# RIP John Meadows



## squatster (Aug 12, 2021)

https://www.google.com/amp/s/usdaynews.com/celebrities/celebrity-death/john-meadows-death-cause/amp/


----------



## squatster (Aug 12, 2021)

He was my favorite of all bodybuilders - not for his physic but for his incredible personality and huge heart


----------



## d2r2ddd (Aug 13, 2021)

and his humilty, he is one pro who will reply yr email or DM.


----------



## *Bio* (Aug 13, 2021)

Tragic beyond words!  He was a great guy.  I feel so bad for his wife and kids.  He was a real life super hero to his boys.  RIP


----------



## Elvia1023 (Aug 13, 2021)

Life isn't fair at times. Tragic loss. Just an all round great guy. You only have to see the reaction to his death on social media to see how much he was loved by people all over the world.

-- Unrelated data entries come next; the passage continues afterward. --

-- ===== src/Planner/Tests.antt =====
-- Runs of the planner, and its theorems at concrete inputs.
use makkays_chatbot.Prelude.{
  String, ◌≡◌, ◌↔◌, refl, [], ◌∷◌, true, false, none, some, All, contains, is_some, is_subsequence,
}
use makkays_chatbot.Shared.{IntentResult, tier1, intent_taxonomy, certain}
use makkays_chatbot.Flags.Schemas.{default_flags}
use makkays_chatbot.Session.Schemas.{
  FactsSchema, ConversationStateSchema, Plan, empty_facts, empty_state,
}
use makkays_chatbot.Planner.{is_open, filter_by_flags, unregistered, build_plan}
use makkays_chatbot.Planner.Rules.{plan_sales_inquiry, plan_quote_request}
use makkays_chatbot.Planner.RuleLaws.{IsSound}
use makkays_chatbot.Planner.Plans.{build_plan-IsSound, build_plan-IsTotal}
use makkays_chatbot.Planner.Menus.{menu, build_plan-menu}

abbrev ready_facts : FactsSchema
ready_facts = record (empty_facts "t" "s") {
  company = some "Acme";
  product_interest = some "switch";
  quantity = some 4;
  budget = some (record { coefficient = 500; scale = 0 });
}

abbrev captured_state : ConversationStateSchema
captured_state = record (empty_state "t" "s") { contact_info_captured = true }

abbrev ask : String → IntentResult
ask intent = record {
  intent = intent;
  confidence = certain;
  source = tier1;
  candidates = intent ∷ "quote_request" ∷ [];
  spec_question_detected = true;
}

abbrev sales_plan : Plan
sales_plan = record {
  intent = "sales_inquiry";
  steps =
      "retrieve_products" ∷ "retrieve_docs" ∷ "compare" ∷ "generate_quote" ∷ "create_lead"
      ∷ "respond" ∷ [];
}

sales_run :
    build_plan (ask "sales_inquiry") ready_facts captured_state default_flags ≡ some sales_plan
unfolding build_plan filter_by_flags is_open plan_sales_inquiry
sales_run = refl

-- Without retrieval, quotes and leads only the reply is left of the same inquiry.
flags_off_run :
    build_plan
      (ask "quote_request")
      ready_facts
      captured_state
      (record default_flags { enable_rag = false; enable_quotes = false })
    ≡ some (record { intent = "quote_request"; steps = "respond" ∷ [] })
unfolding build_plan filter_by_flags is_open plan_quote_request
flags_off_run = refl

unknown_run : build_plan (ask "small_talk") ready_facts captured_state default_flags ≡ none
unfolding build_plan
unknown_run = refl

build_plan-IsSound_example :
    IsSound ready_facts captured_state default_flags (ask "sales_inquiry") sales_plan.steps
    × All (λ step. is_open default_flags step ≡ true) sales_plan.steps
    × (unregistered sales_plan.steps ≡ [])
    × (sales_plan.intent ≡ "sales_inquiry")
build_plan-IsSound_example =
    build_plan-IsSound ready_facts captured_state default_flags (ask "sales_inquiry") sales_plan
      sales_run

build_plan-IsTotal_example :
    (is_some (build_plan (ask "sales_inquiry") ready_facts captured_state default_flags) ≡ true)
    ↔ (contains intent_taxonomy "sales_inquiry" ≡ true)
build_plan-IsTotal_example =
    build_plan-IsTotal ready_facts captured_state default_flags (ask "sales_inquiry")

build_plan-menu_example : is_subsequence sales_plan.steps (menu "sales_inquiry") ≡ true
build_plan-menu_example =
    build_plan-menu ready_facts captured_state default_flags (ask "sales_inquiry") sales_plan
      sales_run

I hope his family will be ok.


----------



## bbuck (Aug 13, 2021)

Bodybuilding aside. He was a man to be admired.


----------



## Rot-Iron66 (Aug 22, 2021)

Universally liked by (possibly) millions, just a great person! RIP...


----------



## Marshall (Sep 24, 2021)

RIP


----------



## matsuo munefusa (Oct 7, 2021)

Just watched my first JM video since he passed. I needed to watch it for a refresher on a movement but damn that was shitty. He’s been a staple for me in video and written word for a decade plus.


----------



## Samson48 (Oct 10, 2021)

So sad. Such a good voice in bodybuilding


----------